• Problem to work on:
Look below for the line containing "n_committed_from-ok index count cmd srvs" and the line containing "found, e, same))"; repeat exactly those two lines and all lines between them, and nothing else.

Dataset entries
==================================================
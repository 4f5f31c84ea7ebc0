-- ===== src/RaftTest/Agreement/Reached.antt =====
-- What `one` and `wait` promise when they return.
use pluggable_sharded_fault.Base.{
  ℕ, zero, suc, ◌+◌, ◌%◌, ◌≤◌, ◌<◌, ◌≡◌, ◌≢◌, refl, Bool, true, false, ◌&&◌, none, some, List, [],
  ◌∷◌, ℤ, minus_one, lookup, arith, ltb, leb, eqb_ℤ, eqb_ℤ_iff, if◌then◌else◌, ok, fatal, get_elem?,
  length, int_eq, ◌==◌, Option-cases, Outcome-cases, Bool-cases, inl, inr, ◌⊎◌,
}
use mathlib.Core.Path.{subst}
use pluggable_sharded_fault.Raft.Peer.{Raft, start as raft_start}
use pluggable_sharded_fault.RaftTest.Logs.{
  Command, command_eq, same_command_iff, Rfsrv, Test, rfsrv_logs, n_committed_from, n_committed,
}
use pluggable_sharded_fault.RaftTest.Logs.Count.{holders, AllHold, AllHold-cons}
use pluggable_sharded_fault.RaftTest.Agreement.{
  Attempt, poll, find_start, one_from, one, decided, decide, wait_from, wait,
}

-- `nCommitted` does not lie: whatever the copies are, when it returns, the count is that of the
-- servers that have an entry, and they all have the command.
n_committed_from-ok :
    (index : ℤ) (count : ℕ) (cmd : Command) (srvs : List Rfsrv) (n : ℕ) (v : Command)
    → n_committed_from index count cmd srvs ≡ ok (n, v)
    → (n ≡ count + holders index srvs) × AllHold index v srvs × (0 < count → v ≡ cmd)
unfolding n_committed_from holders rfsrv_logs
n_committed_from-ok index count cmd [] n v h =
    (ground (arith, h), λ i rs w at found. cc, λ some_one. ground (arith, h))
n_committed_from-ok index count cmd (rs ∷ srvs) n v h = elim (Option-cases (lookup index rs.logs)) [
  | inl e ↦
      let (counted, all, same) =
        n_committed_from-ok index count cmd srvs n v (ground (arith, h, e)) in
      (
        ground (arith, counted, e),
        AllHold-cons index v rs srvs (λ w found. ground (arith, found, e)) all,
        same,
      )
  | inr (cmd1, e) ↦
      let (counted, all, same) =
        n_committed_from-ok index (count + 1) cmd1 srvs n v (ground (arith, h, e)) in
      (
        ground (arith, counted, e),
        AllHold-cons index v rs srvs (λ w found. ground (arith, found, e, same)) all,
        λ some_one. ground (arith, h, e, same, some_one, same_command_iff cmd cmd1),
      )
]

-- Enough servers have an entry at the index, and all that have one have the command.
abbrev pub IsCommitted : ℤ → ℕ → Command → Test → Type 0
IsCommitted index n cmd ts = (n ≤ holders index ts.srvs) × AllHold index cmd ts.srvs

-- A poll saw the command committed.
abbrev pub Saw : ℕ → ℕ → ℤ → List Test → Type 0
Saw cmd expected index polls =
    (ts : Test) × (i : ℕ) × (get_elem? polls i ≡ some ts)
    × (0 < holders index ts.srvs)
    × IsCommitted index expected (some cmd) ts

poll-true :
    (cmd expected : ℕ) (index : ℤ) (polls : List Test)
    → poll cmd expected index polls ≡ ok true
    → Saw cmd expected index polls
unfolding poll n_committed
poll-true cmd expected index [] h = cc
poll-true cmd expected index (ts ∷ polls) h = elim (Outcome-cases (n_committed index ts)) [
  | inr e ↦ absurd (ground (arith, h, e))
  | inl ((nd, cmd1), e) ↦
      let (counted, all, _) = n_committed_from-ok index 0 none ts.srvs nd cmd1 e in
      elim (Bool-cases (ltb 0 nd && leb expected nd && cmd1 == some cmd)) [
        | inl enough ↦
            let it : cmd1 ≡ some cmd = ground (arith, enough, same_command_iff cmd1 (some cmd)) in
            (
              ts,
              0,
              refl,
              ground (arith, enough, counted),
              (ground (arith, enough, counted), subst (λ w. AllHold index w ts.srvs) it all),
            )
        | inr few ↦
            let (us, i, at, found, seen) =
              poll-true cmd expected index polls (ground (arith, h, e, few)) in
            (us, suc i, at, found, seen)
      ]
]

-- What a returned index means: it is -1, and the test is over, or it is another, that of a command
-- that a poll saw committed.
abbrev pub Returns : ℕ → ℕ → Bool → List Attempt → ℤ → Type 0
Returns cmd expected finished attempts index =
    ((index ≡ minus_one) × (finished ≡ true))
    ⊎ ((index ≢ minus_one)
        × ((a : Attempt) × (k : ℕ) × (get_elem? attempts k ≡ some a)
            × Saw cmd expected index a.polls))

Returns-cons :
    (cmd expected : ℕ) (finished : Bool) (a : Attempt) (rest : List Attempt) (index : ℤ)
    → Returns cmd expected finished rest index
    → Returns cmd expected finished (a ∷ rest) index
Returns-cons cmd expected finished a rest index (inl over) = inl over
Returns-cons cmd expected finished a rest index (inr (took, (b, k, at, seen))) =
    inr (took, (b, suc k, at, seen))

module _ (start : ℕ → Raft → ℤ × ℤ × Bool) where
  one_from-Returns :
      (cmd expected : ℕ) (retry finished : Bool) (starts : ℕ) (attempts : List Attempt) (index : ℤ)
      → one_from start cmd expected retry finished starts attempts ≡ ok index
      → Returns cmd expected finished attempts index
  unfolding one_from
  one_from-Returns cmd expected retry finished starts [] index h =
      inl (ground (arith, h), ground (arith, h))
  one_from-Returns cmd expected retry finished starts (a ∷ rest) index h =
      let found : ℕ × ℤ = find_start start cmd (length a.at.srvs) starts a in
      let later : one_from start cmd expected retry finished found.0 rest ≡ ok index
          → Returns cmd expected finished (a ∷ rest) index =
        λ e.
          Returns-cons cmd expected finished a rest index
            (one_from-Returns cmd expected retry finished found.0 rest index e) in
      elim (Bool-cases (eqb_ℤ found.1 minus_one)) [
        | inl nobody ↦ later (ground (arith, h, nobody))
        | inr took ↦ elim (Outcome-cases (poll cmd expected found.1 a.polls)) [
          | inr e ↦ absurd (ground (arith, h, took, e))
          | inl (false, e) ↦ later (ground (arith, h, took, e))
          | inl (true, e) ↦
              let it : found.1 ≡ index = ground (arith, h, took, e) in
              inr (
                λ none_took. ground (arith, took, it, none_took, eqb_ℤ_iff found.1 minus_one),
                (
                  a,
                  0,
                  refl,
                  subst (λ x. Saw cmd expected x a.polls) it
                      (poll-true cmd expected found.1 a.polls e),
                ),
              )
        ]
      ]

  -- Whatever Raft is plugged in: when `one` returns an index other than -1, some poll saw at least
  -- one server and at least the expected number of servers with an entry at that index, and every
  -- server with such an entry had the command that was submitted. It returns -1 only when the test
  -- is over.
  pub one-Returns :
      (cmd expected : ℕ) (retry finished : Bool) (attempts : List Attempt) (index : ℤ)
      → one start cmd expected retry finished attempts ≡ ok index
      → Returns cmd expected finished attempts index
  unfolding one
  one-Returns cmd expected retry finished attempts index =
      one_from-Returns cmd expected retry finished 0 attempts index

decide-ok :
    (index : ℤ) (n : ℕ) (ts : Test) (cmd : Command)
    → decide index n ts ≡ ok (decided cmd)
    → IsCommitted index n cmd ts
unfolding decide n_committed
decide-ok index n ts cmd h = elim (Outcome-cases (n_committed index ts)) [
  | inr e ↦ absurd (ground (arith, h, e))
  | inl ((nd, v), e) ↦
      let (counted, all, _) = n_committed_from-ok index 0 none ts.srvs nd v e in
      let it : v ≡ cmd = ground (arith, h, e) in
      (ground (arith, h, e, counted), subst (λ w. AllHold index w ts.srvs) it all)
]

wait_from-ok :
    (left : ℕ) (index : ℤ) (n : ℕ) (start_term : ℤ) (polls : ℕ → Test × Test) (last : Test)
    (cmd : Command)
    → wait_from left index n start_term polls last ≡ ok (decided cmd)
    → decide index n last ≡ ok (decided cmd)
unfolding wait_from
wait_from-ok zero index n start_term polls last cmd h = h
wait_from-ok (suc left) index n start_term polls last cmd h =
    ground (arith, h, wait_from-ok left index n start_term (λ i. polls (suc i)) last cmd)

-- When `wait` returns a command and not -1, at least the awaited number of servers have an entry
-- at the index after its loop, and every server with such an entry has that command.
pub wait-IsCommitted :
    (index : ℤ) (n : ℕ) (start_term : ℤ) (polls : ℕ → Test × Test) (last : Test) (cmd : Command)
    → wait index n start_term polls last ≡ ok (decided cmd)
    → IsCommitted index n cmd last
unfolding wait
wait-IsCommitted index n start_term polls last cmd h =
    decide-ok index n last cmd (wait_from-ok 30 index n start_term polls last cmd h)

-- `Start` of this Raft takes no command.
find_start-none :
    (cmd left starts : ℕ) (a : Attempt) → (find_start raft_start cmd left starts a).1 ≡ minus_one
unfolding find_start raft_start
find_start-none cmd zero starts a = refl
find_start-none cmd (suc left) starts a =
    ground (arith, find_start-none cmd left ((starts + 1) % length a.at.srvs) a)

one_from-start :
    (cmd expected : ℕ) (retry finished : Bool) (starts : ℕ) (attempts : List Attempt)
    → one_from raft_start cmd expected retry finished starts attempts
      ≡ (if finished then ok minus_one else fatal)
unfolding one_from
one_from-start cmd expected retry finished starts [] = refl
one_from-start cmd expected retry finished starts (a ∷ rest) =
    let next = (find_start raft_start cmd (length a.at.srvs) starts a).0 in
    ground (
      arith,
      find_start-none cmd (length a.at.srvs) starts a,
      one_from-start cmd expected retry finished next rest,
    )

-- With the `Start` of this Raft, `one` never reaches agreement: it fails, unless the test is over,
-- when it returns -1.
pub one-start :
    (cmd expected : ℕ) (retry finished : Bool) (attempts : List Attempt)
    → one raft_start cmd expected retry finished attempts
      ≡ (if finished then ok minus_one else fatal)
unfolding one
one-start cmd expected retry finished attempts =
    one_from-start cmd expected retry finished 0 attempts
==================================================
• Exercise solution:
        n_committed_from-ok index count cmd srvs n v (ground (arith, h, e)) in
      (
        ground (arith, counted, e),
        AllHold-cons index v rs srvs (λ w found. ground (arith, found, e)) all,
        same,
      )
  | inr (cmd1, e) ↦
      let (counted, all, same) =
        n_committed_from-ok index (count + 1) cmd1 srvs n v (ground (arith, h, e)) in
      (
        ground (arith, counted, e),
        AllHold-cons index v rs srvs (λ w found. ground (arith, found, e, same)) all,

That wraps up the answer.